Correspondent: Is it parody that you find to be a cheap trick? I mean, how do you transcend that? I mean, you’re also, in this case, mimicking a Victorian novel to a large degree. Even in The Rehearsal, you’re employing stage directions to convey this very strange tension between the two schools. So style is definitely something for you. I don’t think it’s ventriloquism. But I’m wondering how is it new. How do you make it new? How do you make it new enough to satisfy not falling for the ventriloquist racket that you are identifying here?

Catton: Right. Well, I think what originality is is the bringing together of two elements that don’t belong together at the most atomic level. It’s just putting things — it’s making connections that don’t yet exist. Between words, between ideas, between approaches. And so I think that individual styles always come out of some fusion of two or more unlikely elements. Bringing things into a context where they’re not germane.

Correspondent: Conceptual blending. Endless association. I mean, what would you describe as an acceptable minimum form of association for you that would satisfy you? That would say, “Well, okay, I am doing something different. I’m venturing out into the fields and I am going to find a different caribou.”

Catton: (laughs) I don’t really know what I want to do next. It’s really important to me not to repeat myself. And so I’ve kind of sworn…

Correspondent: I’ve counted the number of “the”s you’ve used in this entire conversation. I’m keeping a running tab in my head right now.
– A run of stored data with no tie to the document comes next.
-- ===== src/Flow/Tests.antt =====
-- A line of the kernel's table.
use luci_app_overwatch.Base.{ℕ, ◌+◌, ◌*◌, ◌≡◌, refl, List, [], ◌∷◌, ◌++◌, some, arith, ℕ_discrete}
use luci_app_overwatch.Base.Ip.{IpAddr, v4}
use luci_app_overwatch.Base.Read.{parse_ip, parse_uint}
use luci_app_overwatch.Base.Text.{Str, Str-discrete, text}
use luci_app_overwatch.Base.Tokens.{Spaced, spaced}
use luci_app_overwatch.Flow.{
  Flow, End, tcp, udp, proto_parse, compute_flow_key, parse_line, parse_all,
}
use luci_app_overwatch.Flow.Key.{compute_flow_key-swap}
use luci_app_overwatch.Flow.Line.{Direction, Values, Stands, tokens_of, parse_line-spaced}

abbrev number_of : IpAddr → ℕ
number_of (IpAddr.v4 n) = n
number_of (IpAddr.v6 n) = n

-- A hash function to try it with.
abbrev mix : End → End → ℕ → ℕ
mix (a, p) (b, q) proto = number_of a * 3 + p * 5 + number_of b * 7 + q * 11 + proto

abbrev sent : Direction
sent = record {
  src = text "192.168.1.9";
  dst = text "8.8.8.8";
  sport = text "5353";
  dport = text "53";
  packets = text "3";
  bytes = text "120";
}

abbrev reply : Direction
reply = record {
  src = text "8.8.8.8";
  dst = text "192.168.1.9";
  sport = text "53";
  dport = text "5353";
  packets = text "2";
  bytes = text "900";
}

abbrev sent_values : Values
sent_values = record {
  src = v4 3232235785;
  dst = v4 134744072;
  sport = 5353;
  dport = 53;
  bytes = 120;
}

abbrev reply_values : Values
reply_values = record {
  src = v4 134744072;
  dst = v4 3232235785;
  sport = 53;
  dport = 5353;
  bytes = 900;
}

sent-Stands : Stands sent sent_values
unfolding parse_ip parse_uint
sent-Stands = record {
  src = refl;
  dst = refl;
  sport = refl;
  dport = refl;
  bytes = refl;
  no_space = ground arith;
}

reply-Stands : Stands reply reply_values
unfolding parse_ip parse_uint
reply-Stands = record {
  src = refl;
  dst = refl;
  sport = refl;
  dport = refl;
  bytes = refl;
  no_space = ground arith;
}

abbrev front : List Str
front = text "ipv4" ∷ text "2" ∷ text "udp" ∷ text "17" ∷ text "29" ∷ []

abbrev behind : List Str
behind = text "[ASSURED]" ∷ text "use=2" ∷ []

abbrev flow : Flow
flow = record {
  proto = udp;
  orig_src = v4 3232235785;
  orig_dst = v4 134744072;
  orig_bytes = 120;
  reply_bytes = 900;
  flow_key = compute_flow_key mix (v4 3232235785) 5353 (v4 134744072) 53 udp;
}

-- The line as the kernel prints it, with its padding.
abbrev spread : List Str → Spaced
spread [] = []
spread (w ∷ ws) = (w, text " ") ∷ spread ws

abbrev line : Spaced
line =
    (text "ipv4", text "     ")
    ∷ (text "2", text " ")
    ∷ (text "udp", text "      ")
    ∷ (text "17", text " ")
    ∷ (text "29", text " ")
    ∷ spread (tokens_of sent ++ (tokens_of reply ++ behind))

printed :
    spaced line
    ≡ text
        "ipv4     2 udp      17 29 src=192.168.1.9 dst=8.8.8.8 sport=5353 dport=53 packets=3 bytes=120 src=8.8.8.8 dst=192.168.1.9 sport=53 dport=5353 packets=2 bytes=900 [ASSURED] use=2 "
printed = refl

parse_line_example : parse_line mix (spaced line) ≡ some flow
unfolding Str-discrete ℕ_discrete
parse_line_example =
    parse_line-spaced mix front [] behind sent reply sent_values reply_values udp line refl
      (ground arith) (ground arith) tt (ground arith) (ground arith) tt (ground arith) refl
      sent-Stands reply-Stands

-- A line without counters is left out, and the others are kept.
table_read : parse_all mix (text "junk" ++ 10 ∷ spaced line ++ 10 ∷ []) ≡ flow ∷ []
unfolding parse_all parse_ip parse_uint Str-discrete ℕ_discrete
table_read = refl

named : (proto_parse (text "tcp") ≡ tcp) × (proto_parse (text "udp") ≡ udp)
unfolding proto_parse Str-discrete ℕ_discrete
named = (refl, refl)

swap_example :
    compute_flow_key mix (v4 3232235785) 5353 (v4 134744072) 53 udp
    ≡ compute_flow_key mix (v4 134744072) 53 (v4 3232235785) 5353 udp
swap_example = compute_flow_key-swap mix (v4 3232235785) 5353 (v4 134744072) 53 udp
Catton: (laughs) I’ve made myself two pacts. One is that I never want to write two books that are similar over the course of my career in the future. And the second thing is that I never want to write a novel about a writer.
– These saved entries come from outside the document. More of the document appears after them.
-- ===== src/History/Tests.antt =====
-- Two clients that share a tick.
use luci_app_overwatch.Base.{ℕ, ◌≡◌, refl, true, [], ◌∷◌, none, ℕ_discrete}
use luci_app_overwatch.Base.Int.{ℤ, pos, sub_i64, ℤ-discrete}
use luci_app_overwatch.Base.Text.{Str-discrete}
use luci_app_overwatch.History.{ram_series}
use luci_app_overwatch.History.Total.{
  IsRising, point_at, point_for, samples_at, collected, ram_series-IsRising,
}
use luci_app_overwatch.Recorder
use luci_app_overwatch.Recorder.{Recorder, record_tick, realtime, macs}
use luci_app_overwatch.Ring
use luci_app_overwatch.Sample.{aggregate}
use luci_app_overwatch.Snapshot.View.{ClientView}

abbrev view : ℕ → ClientView
view n = record {
  mac = n ∷ [];
  ip = [];
  host = [];
  rx_bps = n;
  tx_bps = 1;
  rx_total = 0;
  tx_total = 0;
  conns_tcp = 1;
  conns_udp = 0;
}

abbrev recorder : Recorder
recorder =
    (record_tick (record_tick (Recorder.new 3 3) (view 10 ∷ []) (pos 100)).0
      (view 10 ∷ view 20 ∷ []) (pos 102)).0

both :
    ram_series recorder none (pos 101) (pos 200) true
    ≡ record { ts = pos 102; rx_bytes = 60; tx_bytes = 4; rx_peak = 20; tx_peak = 1; conns = 1 }
      ∷ []
unfolding ram_series record_tick realtime macs Recorder.new Ring.new Ring.push Ring.to_vec aggregate
    sub_i64 Str-discrete ℕ_discrete ℤ-discrete
both = refl

ram_series_example :
    IsRising (ram_series recorder none (pos 0) (pos 200) true)
    × ((t : ℤ)
        → point_at t (ram_series recorder none (pos 0) (pos 200) true)
          ≡ point_for t (samples_at t (collected recorder (pos 0) (pos 200) true (macs recorder))))
ram_series_example = ram_series-IsRising recorder (pos 0) (pos 200) true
Correspondent: (laughs) Or an artist. Or a musician. Or that kind of thing. The stand-in writer.

Catton: Right.

Correspondent: Well, you know, you came kind of close there with The Rehearsal. Because you do have a number of students who are studying acting and studying music.

Catton: That’s true.

Correspondent: I think of the sax teacher in that. And I think of some of the weird instructions. “You must go ahead and go out into the world and live and have rampant sex with people in order to actually physically understand your body.” And that notion is almost weirdly didactic. Do you think you got a lot of the explicit morality stated by characters out with that novel? And how have you avoided it since?
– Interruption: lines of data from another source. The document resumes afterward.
-- ===== src/Snapshot.antt =====
-- src/snapshot.rs: what the daemon shows of its clients, the busiest first.
pub mod View
pub mod Order
mod Tests
use luci_app_overwatch.Base.{ℕ, ◌+◌, List, [], ◌∷◌, map, Option, none, some}
use luci_app_overwatch.Base.Ip.{IpAddr}
use luci_app_overwatch.Base.Show.{to_string}
use luci_app_overwatch.Base.Sort.{sort_desc}
use luci_app_overwatch.Base.Text.{Str}
use luci_app_overwatch.Base.Words.{add_u64}
use luci_app_overwatch.Account.{ClientStats}
use luci_app_overwatch.Names.{NameTable, mac_for, host_for_mac}
use luci_app_overwatch.Snapshot.View.{ClientView}
use mathlib.Core.Option

-- `mac.as_deref().and_then(|m| names.host_for_mac(m)).unwrap_or("")`
abbrev host_of : NameTable → Option Str → Str
host_of names none = []
host_of names (some m) = Option.get_or (host_for_mac names m) []

-- The view of one entry: a client without a hardware address goes by its IP address.
unfoldable pub view_of : NameTable → IpAddr × ClientStats → ClientView
view_of names (ip, s) =
    let ip_str = to_string ip in
    let mac = mac_for names ip in
    record {
      mac = Option.get_or mac ip_str;
      ip = ip_str;
      host = host_of names mac;
      rx_bps = s.rx_bps;
      tx_bps = s.tx_bps;
      rx_total = s.rx_total;
      tx_total = s.tx_total;
      conns_tcp = s.conns_tcp;
      conns_udp = s.conns_udp;
    }

-- `rx_bps + tx_bps`, by which views are compared.
abbrev pub rate_sum : ClientView → ℕ
rate_sum v = add_u64 v.rx_bps v.tx_bps

unfoldable pub build_snapshot : List (IpAddr × ClientStats) → NameTable → List ClientView
build_snapshot stats names = sort_desc rate_sum (map (view_of names) stats)
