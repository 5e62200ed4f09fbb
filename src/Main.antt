-- ===== src/Main.antt =====
-- src/main.rs: the daemon's start, and the rounds of its loop over the connection table. Reading files,
-- the clock and printing are the operating system's: a round gets what they deliver. Of the errors of
-- the database only those that its rows bring about are modelled.
pub mod Round
pub mod Seen
pub mod Sound
pub mod Reached
mod Tests
use luci_app_overwatch.Base.{
  ℕ, max, Bool, true, false, List, [], ◌∷◌, Option, none, some, if◌then◌else◌,
}
use luci_app_overwatch.Base.Float.{F64}
use luci_app_overwatch.Base.Int.{ℤ, pos, sub_i64, leb_ℤ}
use luci_app_overwatch.Base.Text.{Str}
use luci_app_overwatch.Account
use luci_app_overwatch.Account.{Accountant, update}
use luci_app_overwatch.Config.{Config, Retention, parse_uci, default_config}
use luci_app_overwatch.Control.{Shared}
use luci_app_overwatch.Db.{Tables, Client, insert_samples, upsert_client, rollup, prune}
use luci_app_overwatch.Flow.{End, parse_all}
use luci_app_overwatch.Names.{from_text}
use luci_app_overwatch.Probe.{gather}
use luci_app_overwatch.Recorder
use luci_app_overwatch.Recorder.{Recorder, record_tick}
use luci_app_overwatch.Sample.{Sample}
use luci_app_overwatch.Snapshot.{build_snapshot}
use luci_app_overwatch.Snapshot.View.{ClientView}

-- `for (mac, sample) in &finalized { … }`
unfoldable pub insert_finalized : Tables → List (Str × Sample) → Tables
insert_finalized t [] = t
insert_finalized t ((mac, s) ∷ out) =
    insert_finalized (record t { samples_min = insert_samples t.samples_min mac (s ∷ []) }) out

-- `for v in &snap { … }`
unfoldable pub upsert_views : List (Str × Client) → List ClientView → ℤ → List (Str × Client)
upsert_views clients [] now = clients
upsert_views clients (v ∷ vs) now =
    upsert_views (upsert_client clients v.mac v.host v.ip now) vs now

-- `now_i - last_maint >= 300`
unfoldable pub is_maintenance : ℤ → ℤ → Bool
is_maintenance now last_maint = leb_ℤ (pos 300) (sub_i64 now last_maint)

-- A roll-up that fails does not keep the daemon from pruning.
unfoldable pub maintain : Tables → Retention → ℤ → ℤ → Tables × ℤ
unfolding is_maintenance
maintain t retention now last_maint =
    if is_maintenance now last_maint
    then (prune (rollup t).0 now retention, now)
    else (t, last_maint)

-- The block under the lock, with the snapshot that it is about; the second part is `last_maint`.
unfoldable pub share : Shared → ℤ → List ClientView → ℤ → Shared × ℤ
unfolding maintain
share g last_maint snap now =
    let (recorder, finalized) = record_tick g.recorder snap now in
    let inserted = insert_finalized g.store finalized in
    let seen = record inserted { clients = upsert_views inserted.clients snap now } in
    let (store, last) = maintain seen g.config.retention now last_maint in
    (record g { recorder = recorder; store = store; clients = snap }, last)

-- `Duration::from_secs(cfg.sample_interval.max(1))`
unfoldable pub interval_of : Config → ℕ
interval_of cfg = max cfg.sample_interval 1

-- The settings: the defaults without a file.
unfoldable pub config_of : Option Str → Config
config_of none = default_config
config_of (some t) = parse_uci t

module _ (float : F64) (hash : End → End → ℕ → ℕ) (to_lowercase : Str → Str) where
  open float use {F}

  -- The loop's variables and what it shares.
  pub record Daemon : Type 0 where
    pub acct : Accountant float
    pub last_maint : ℤ
    pub shared : Shared

  -- What a round gets from outside: the connection table, unless reading it fails, the time as
  -- `update` and as the rest of the round read it, and the texts of the leases and the ARP table.
  pub record Reading : Type 0 where
    pub conntrack : Option Str
    pub now_secs : F
    pub now_i : ℤ
    pub leases : Str
    pub arp : Str

  -- The start, on the tables of the database, with the settings' file and what the probes read.
  unfoldable pub start : Option Str → Tables → Str → Bool → Str → Daemon
  start conf tables acct btf modules =
      let cfg = config_of conf in
      record {
        acct = Account.new float (record { prefixes = cfg.lan_prefixes });
        last_maint = pos 0;
        shared = record {
          clients = [];
          recorder = Recorder.new 300 1440;
          store = tables;
          config = cfg;
          probes = gather acct btf modules;
        };
      }

  -- The snapshot of a round that reads a connection table.
  unfoldable pub scan : Accountant float → Str → Reading → Accountant float × List ClientView
  scan acct table r =
      let acct' = update float acct (parse_all hash table) r.now_secs in
      (acct', build_snapshot acct'.stats (from_text to_lowercase r.leases r.arp))

  abbrev pub after_scan : Daemon → ℤ → Accountant float × List ClientView → Daemon
  after_scan d now (acct, snap) =
      let (shared, last) = share d.shared d.last_maint snap now in
      record { acct = acct; last_maint = last; shared = shared }

  -- A table that cannot be read is reported, and nothing else happens.
  abbrev pub round_on : Daemon → Reading → Option Str → Daemon
  round_on d r none = d
  round_on d r (some table) = after_scan d r.now_i (scan d.acct table r)

  unfoldable pub round : Daemon → Reading → Daemon
  unfolding scan share
  round d r = round_on d r r.conntrack
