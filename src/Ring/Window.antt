-- ===== src/Ring/Window.antt =====
-- What a ring holds: the last `cap` items that were pushed, oldest first.
use luci_app_overwatch.Base.{
  ℕ, suc, ◌+◌, ◌%◌, ◌≤◌, ◌<◌, ◌≡◌, refl, sym, ap, ap₂, ◌∙◌, min, max, List, [], ◌∷◌, ◌++◌,
  append-nil, append_assoc, arith, ltb, true, false, true, false, Bool-cases, inl, inr, length,
  take, drop, length-append, length-set, length-take, length-drop,
}
use luci_app_overwatch.Base.Last.{
  last, drop-length-append, take-length-append, set-eq-split, drop-eq-cons, last_of_length-le,
  last-last-append, last-append-one,
}
use luci_app_overwatch.Ring.{RingBuffer, new, push, to_vec}
use mathlib.Core.List.{foldl}
use native.Mathlib.Nat.{mod-eq_of_lt, mod_self}

pub record IsValid {ℓ} {T : Type ℓ} (r : RingBuffer T) : Type ℓ where
  pub positive : 0 < r.cap
  pub bounded : length r.buf ≤ r.cap
  pub head_in : r.head < r.cap
  pub head_zero : length r.buf < r.cap → r.head ≡ 0

module _ {ℓ} {T : Type ℓ} where
  pub new-IsValid : (cap : ℕ) → IsValid (new {T = T} cap)
  unfolding new
  new-IsValid cap = record {
    positive = omega arith;
    bounded = omega arith;
    head_in = omega arith;
    head_zero = λ _. refl;
  }

  -- A push keeps a ring well formed: its capacity positive, at most that many items, the head inside
  -- the capacity, and the head at the start while the ring is not full.
  pub push-IsValid : (r : RingBuffer T) (x : T) → IsValid r → IsValid (push r x)
  unfolding push
  push-IsValid r x v = elim (Bool-cases (ltb (length r.buf) r.cap)) [
    | inl e ↦ rw e (record {
      positive = v.positive;
      bounded = ground (arith, length-append r.buf (x ∷ []));
      head_in = v.head_in;
      head_zero = λ _. v.head_zero (ground arith);
    })
    | inr e ↦ rw e (record {
      positive = v.positive;
      bounded = omega (arith, length-set r.buf r.head x, v.bounded);
      head_in = omega (arith, v.positive);
      head_zero = λ h. absurd (ground (arith, length-set r.buf r.head x));
    })
  ]

  -- A full ring is overwritten inside its storage.
  pub head-lt-length : (r : RingBuffer T) → IsValid r → r.cap ≤ length r.buf → r.head < length r.buf
  head-lt-length r v h = omega (arith, v.head_in)

  to_vec_growing : (r : RingBuffer T) → r.head ≡ 0 → to_vec r ≡ r.buf
  unfolding to_vec
  to_vec_growing r e = ap (λ k. drop k r.buf ++ take k r.buf) front ∙ append-nil r.buf
    where
      front : min r.head (length r.buf) ≡ 0
      front = omega arith

  to_vec_full :
      (r : RingBuffer T) → r.head ≤ length r.buf → to_vec r ≡ drop r.head r.buf ++ take r.head r.buf
  unfolding to_vec
  to_vec_full r h = ap (λ k. drop k r.buf ++ take k r.buf) front
    where
      front : min r.head (length r.buf) ≡ r.head
      front = omega arith

  pub length-to_vec : (r : RingBuffer T) → length (to_vec r) ≡ length r.buf
  unfolding to_vec
  length-to_vec r =
      let m = min r.head (length r.buf) in
      omega (
        arith,
        length-append (drop m r.buf) (take m r.buf),
        length-drop m r.buf,
        length-take m r.buf,
      )

  push_growing :
      (r : RingBuffer T) (x : T)
      → IsValid r
      → length r.buf < r.cap
      → to_vec (push r x) ≡ to_vec r ++ x ∷ []
  unfolding push
  push_growing r x v h =
      let e : ltb (length r.buf) r.cap ≡ true = ground arith in
      rw e (
        to_vec_growing (record r { buf = r.buf ++ x ∷ [] }) (v.head_zero h)
        ∙ ap (λ l. l ++ x ∷ []) (sym (to_vec_growing r (v.head_zero h))))

  -- The storage of a full ring after a write at `length a`, which was its oldest place.
  overwrite :
      (size : ℕ) (x : T) (a b : List T)
      → size ≡ suc (length a + length b)
      → to_vec (record { buf = a ++ x ∷ b; cap = size; head = (length a + 1) % size })
        ≡ b ++ (a ++ x ∷ [])
  overwrite size x a [] c = to_vec_growing _ (rw end (mod_self size))
    where
      end : length a + 1 ≡ size
      end = omega arith
  overwrite size x a (z ∷ b) c =
      ap (λ k. to_vec (record { buf = a ++ x ∷ z ∷ b; cap = size; head = k })) next
      ∙ to_vec_full _ (omega (arith, length-append a (x ∷ z ∷ b)))
      ∙ ap₂ ◌++◌ (drop-length-append a x (z ∷ b)) (take-length-append a x (z ∷ b))
    where
      next : (length a + 1) % size ≡ suc (length a)
      next = mod-eq_of_lt {n = length a + 1} {m = size} (omega arith) ∙ omega arith

  push_full :
      (r : RingBuffer T) (x : T)
      → IsValid r
      → length r.buf ≡ r.cap
      → to_vec (push r x) ≡ drop 1 (to_vec r) ++ x ∷ []
  unfolding push
  push_full r x v h =
      rw (full, set-eq-split r.buf r.head x inside)
        (ap (λ k. to_vec (record r { buf = a ++ x ∷ b; head = (k + 1) % r.cap })) at_head
          ∙ overwrite r.cap x a b (omega (arith, at_head, length-drop (suc r.head) r.buf, inside)))
      ∙ sym (append_assoc b a (x ∷ []))
      ∙ ap (λ l. l ++ x ∷ []) (sym rest)
    where
      a : List T
      a = take r.head r.buf

      b : List T
      b = drop (suc r.head) r.buf

      full : ltb (length r.buf) r.cap ≡ false
      full = ground arith

      inside : r.head < length r.buf
      inside = head-lt-length r v (omega arith)

      at_head : r.head ≡ length a
      at_head = omega (arith, length-take r.head r.buf, inside)

      rest : drop 1 (to_vec r) ≡ b ++ a
      rest =
          let (y, e) = drop-eq-cons r.buf r.head inside in
          rw (to_vec_full r (omega (arith, inside)), e)

  -- A push to a well-formed ring appends the item, and drops the oldest one if the ring is full.
  pub to_vec-push :
      (r : RingBuffer T) (x : T) → IsValid r → to_vec (push r x) ≡ last r.cap (to_vec r ++ x ∷ [])
  to_vec-push r x v = elim (Bool-cases (ltb (length r.buf) r.cap)) [
    | inl e ↦
        push_growing r x v (ground arith)
        ∙ sym (last_of_length-le r.cap _ (ground (arith, length-to_vec r, grown)))
    | inr e ↦
        let full : length r.buf ≡ r.cap = ground (arith, v.bounded) in
        push_full r x v full ∙ sym (last_full full)
  ]
    where
      grown : length (to_vec r ++ x ∷ []) ≡ length r.buf + 1
      grown = omega (arith, length-append (to_vec r) (x ∷ []), length-to_vec r)

      last_full :
          length r.buf ≡ r.cap → last r.cap (to_vec r ++ x ∷ []) ≡ drop 1 (to_vec r) ++ x ∷ []
      last_full full =
          last-append-one r.cap (to_vec r) (omega (arith, length-to_vec r, v.positive)) x

  pub cap-push : (r : RingBuffer T) (x : T) → (push r x).cap ≡ r.cap
  unfolding push
  cap-push r x = ground arith

  -- `for x in xs { r.push(x) }`
  abbrev pub push_all : RingBuffer T → List T → RingBuffer T
  push_all = foldl push

  pub push_all-IsValid : (r : RingBuffer T) (xs : List T) → IsValid r → IsValid (push_all r xs)
  push_all-IsValid r [] v = v
  push_all-IsValid r (x ∷ xs) v = push_all-IsValid (push r x) xs (push-IsValid r x v)

  to_vec-push_all_from :
      (r : RingBuffer T) (xs : List T)
      → IsValid r
      → to_vec (push_all r xs) ≡ last r.cap (to_vec r ++ xs)
  to_vec-push_all_from r [] v =
      sym (ap (last r.cap) (append-nil (to_vec r)) ∙ last_of_length-le r.cap _ fits)
    where
      fits : length (to_vec r) ≤ r.cap
      fits = omega (arith, length-to_vec r, v.bounded)
  to_vec-push_all_from r (x ∷ xs) v =
      to_vec-push_all_from (push r x) xs (push-IsValid r x v)
      ∙ ap₂ (λ n l. last n (l ++ xs)) (cap-push r x) (to_vec-push r x v)
      ∙ last-last-append r.cap (to_vec r ++ x ∷ []) xs
      ∙ ap (last r.cap) (append_assoc (to_vec r) (x ∷ []) xs)

  -- After any pushes a new ring yields the last `max cap 1` items pushed, oldest first.
  pub to_vec-push_all :
      (cap : ℕ) (xs : List T) → to_vec (push_all (new cap) xs) ≡ last (max cap 1) xs
  unfolding new to_vec
  to_vec-push_all cap xs = to_vec-push_all_from (new cap) xs (new-IsValid cap)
Catton: Well, I think yes. Because so much of The Rehearsal takes place in a stage environment or a theatrical space, I had no access to their inner lives really. Because I was wanting to play with the idea of performance and what could be seen and assumed and put on. And so what that meant was that the characters would have to speak very declaratively. They had to conjure the reality that they were going to inhabit as actors in the same way as all theater that is not reliant on a realistic looking set always does that and has done that from the very beginning. And so I think, partly for that reason, the book has a very didactic tie-in. And I think the other thing that partly explains that thread in the book is that I was much younger when I wrote it and much more agonistic, I think, in the way that I was thinking. And the injustices of the world, particularly around feminist performance theory and lesbian feminist performance theory, that was really driving my thinking at that time — the injustices were just, I was feeling them and being enraged by them in quite a different way than I feel now. I’ve matured a bit, I suppose. My thinking’s a little more meditative and a little less reactionary.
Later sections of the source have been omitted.